What the task asks
For the data below, give again exactly the lines from the one containing "audit_list actor scope" through the one containing "recount_shares env ref", both ends included, and no others.

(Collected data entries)
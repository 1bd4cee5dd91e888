-- ===== src/Permissions/Foundation.antt =====
-- core/src/cubes/permissions/foundation.ts: who may do what with an entity, and its ownership.
pub mod Scopes
pub mod Owners
pub mod Transfers
use qwbe.Prelude.{
  ℕ, String, Bool, true, false, not, ◌&&◌, ◌||◌, ◌+◌, Option, none, some, List, [], ◌∷◌, ◌++◌, ◌==◌,
  map, filter, find, contains, join, length, is_some, if◌then◌else◌,
}
use qwbe.Kernel.Platform.{Platform}
use qwbe.Kernel.Where.{ListWhere, list_where, no_groups, no_not, Where, pairs, full}
use qwbe.Kernel.Table.{Row, rows_where, insert, update}
use qwbe.Permissions.Model.{
  Actor, EntityRef, GrantAction, transfer, includes, names_user, action_name, Ownership,
  EntityGrant, AccessDecision, Source, superadmin, cube_admin, owner, grant, no_source,
}
use qwbe.Permissions.Effect.{
  Effect, PermissionError, not_found, conflict, forbidden, ◌>>=◌, ◌>>◌, succeed, fail, gets, modify,
  ensure,
}
use qwbe.Permissions.State
use qwbe.Permissions.State.{
  State, AuditResult, allowed, denied, done, Trace, null, claimed, decision, returned,
  ownership_fields, grant_fields, entity_key_of, ownership_of, is_cube_admin, grants_for,
  group_ids_for, recount_shares, new_row, write_audit,
}

pub record Scope : Type 0 where
  pub cube : String
  pub entity_type : String

abbrev pub entity : Scope → String → EntityRef
entity scope id = record { cube = scope.cube; entity_type = scope.entity_type; entity_id = id }

-- `grants`: whether a grant gives the action to the user, directly or through one of the groups
abbrev pub gives : String → List String → GrantAction → Row EntityGrant → Bool
gives user_id groups action g =
    includes g.body.actions action && names_user user_id groups g.body.subject

abbrev pub is_owner : String → Option (Row Ownership) → Bool
is_owner user_id none = false
is_owner user_id (some r) = r.body.owner_id == user_id

abbrev pub scope_pairs : Scope → List (String × String)
scope_pairs scope = ("cube", scope.cube) ∷ ("entityType", scope.entity_type) ∷ []

abbrev pub entity_id_of : Row Ownership → String
entity_id_of r = r.body.ref.entity_id

-- `oldestOwnedBy`: the ids whose first row belongs to the user; `seen` are the ids met so far
unfoldable pub oldest_owned_by : List String → String → List (Row Ownership) → List String
oldest_owned_by seen user_id [] = []
oldest_owned_by seen user_id (r ∷ rows) =
    let rest = oldest_owned_by (entity_id_of r ∷ seen) user_id rows in
    if contains seen (entity_id_of r)
    then oldest_owned_by seen user_id rows
    else if r.body.owner_id == user_id
    then entity_id_of r ∷ rest
    else rest

-- What a scope shows to an actor: every entity, or the ids listed.
pub data Visible : Type 0 where
  everything : Visible
  only : List String → Visible

abbrev pub sees : Visible → String → Bool
sees everything id = true
sees (only ids) id = contains ids id

module _ (env : Platform) where
  -- the two lookups of `ownershipRowsOf`
  unfoldable pub own_rows : Scope → String → State → List (Row Ownership)
  own_rows scope user_id s =
      rows_where env (ownership_fields env)
        (pairs
          (("cube", scope.cube) ∷ ("entityType", scope.entity_type) ∷ ("ownerId", user_id) ∷ []))
        s.ownership

  abbrev pub rows_of_ids : Scope → List String → Where
  rows_of_ids scope ids =
      full (list_where (scope_pairs scope) none (("entityId", ids) ∷ []) none none no_groups no_not)

  -- `ownershipRowsOf`
  unfoldable pub ownership_rows_of : Scope → String → State → List (Row Ownership)
  unfolding own_rows
  ownership_rows_of scope user_id s =
      rows_where env (ownership_fields env)
        (rows_of_ids scope (map entity_id_of (own_rows scope user_id s))) s.ownership

  abbrev pub granted_decision : Option (Row EntityGrant) → AccessDecision
  granted_decision none = record { allowed = false; source = no_source }
  granted_decision (some g) = record { allowed = true; source = grant }

  -- `decide`
  unfoldable pub decide : Actor → EntityRef → GrantAction → State → AccessDecision
  decide actor ref action s =
      if contains actor.roles "admin"
      then record { allowed = true; source = superadmin }
      else if is_cube_admin env actor ref.cube s
      then record { allowed = true; source = cube_admin }
      else if is_owner actor.user_id (ownership_of env ref s)
      then record { allowed = true; source = owner }
      else granted_decision (
          find (gives actor.user_id (group_ids_for env actor.user_id s) action)
            (grants_for env ref s))

  -- `visibleIds`, and `authorizeList`
  unfoldable pub visible_ids : Actor → Scope → GrantAction → State → Visible
  visible_ids actor scope action s =
      if contains actor.roles "admin" || is_cube_admin env actor scope.cube s
      then everything
      else only (
          oldest_owned_by [] actor.user_id (ownership_rows_of scope actor.user_id s)
          ++ map (λ (g : Row EntityGrant). g.body.ref.entity_id)
              (filter (gives actor.user_id (group_ids_for env actor.user_id s) action)
                (rows_where env grant_fields (pairs (scope_pairs scope)) s.grants)))

  abbrev pub new_ownership : Actor → EntityRef → ℕ → Ownership
  new_ownership actor ref count = record {
    ref = ref;
    owner_id = actor.user_id;
    created_by = actor.user_id;
    entity_key = some (entity_key_of ref);
    shared_with_count = some count;
  }

  abbrev pub claimed_row : Actor → EntityRef → State → Row Ownership
  claimed_row actor ref s =
      new_row env "Ownership" "own" s.draws
        (new_ownership actor ref (length (grants_for env ref s)))

  abbrev pub write_claim : Actor → EntityRef → State → State
  write_claim actor ref s = record s {
    ownership = insert (claimed_row actor ref s) s.ownership;
    draws = s.draws + 1;
  }

  -- `claim`
  unfoldable pub claim : Actor → EntityRef → Effect State (Row Ownership)
  claim actor ref = do
    existing ← gets (ownership_of env ref)
    ensure (not (is_some existing)) conflict
    value ← gets (claimed_row actor ref)
    modify (write_claim actor ref)
    write_audit env actor ref "ownership.claim" done null (claimed value.body value.created_at)
    succeed value

  -- `auditDecision`
  abbrev pub audit_decision : Actor → EntityRef → GrantAction → AccessDecision → Effect State Unit
  audit_decision actor ref action result =
      write_audit env actor ref (join "." ("entity" ∷ action_name action ∷ []))
        (if result.allowed then allowed else denied) null (decision result)

  -- `authorize`
  unfoldable pub authorize : Actor → EntityRef → GrantAction → Effect State AccessDecision
  authorize actor ref action = do
    result ← gets (decide actor ref action)
    audit_decision actor ref action result
    succeed result

  -- `auditList`: the ids that a page returned, under the entity id "*"
  unfoldable pub audit_list : Actor → Scope → GrantAction → String → List String → Effect State Unit
  audit_list actor scope action source ids =
      write_audit env actor (entity scope "*") "entity.list" allowed null
        (returned action source ids)

  abbrev pub owned_by : String → Row Ownership → Row Ownership
  owned_by user_id r = record r { body = record (r.body) { owner_id = user_id } }

  -- the part of `transferOwnership` behind its guards
  abbrev pub write_owner : EntityRef → Row Ownership → String → State → State
  write_owner ref current user_id s =
      recount_shares env ref
        (record s { ownership = update current.id (owned_by user_id) s.ownership })

  abbrev pub transfer_row :
      Actor → EntityRef → String → Option (Row Ownership) → Effect State (Row Ownership)
  transfer_row actor ref user_id none = fail not_found
  transfer_row actor ref user_id (some current) = do
    access ← gets (decide actor ref transfer)
    ensure access.allowed forbidden
    modify (write_owner ref current user_id)
    let changed = owned_by user_id current
    write_audit env actor ref "ownership.transfer" done (State.Trace.ownership current)
        (State.Trace.ownership changed)
    succeed changed

  -- `transferOwnership`
  unfoldable pub transfer_ownership : Actor → EntityRef → String → Effect State (Row Ownership)
  transfer_ownership actor ref user_id = do
    current ← gets (ownership_of env ref)
    transfer_row actor ref user_id current

  -- `requireShare`
  unfoldable pub may_share : Actor → EntityRef → State → Bool
  may_share actor ref s =
      contains actor.roles "admin"
      || (is_cube_admin env actor ref.cube s || is_owner actor.user_id (ownership_of env ref s))

  abbrev pub require_share : Actor → EntityRef → Effect State Unit
  require_share actor ref = do may ← gets (may_share actor ref); ensure may forbidden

Expected answer
  audit_list actor scope action source ids =
      write_audit env actor (entity scope "*") "entity.list" allowed null
        (returned action source ids)

  abbrev pub owned_by : String → Row Ownership → Row Ownership
  owned_by user_id r = record r { body = record (r.body) { owner_id = user_id } }

  -- the part of `transferOwnership` behind its guards
  abbrev pub write_owner : EntityRef → Row Ownership → String → State → State
  write_owner ref current user_id s =
      recount_shares env ref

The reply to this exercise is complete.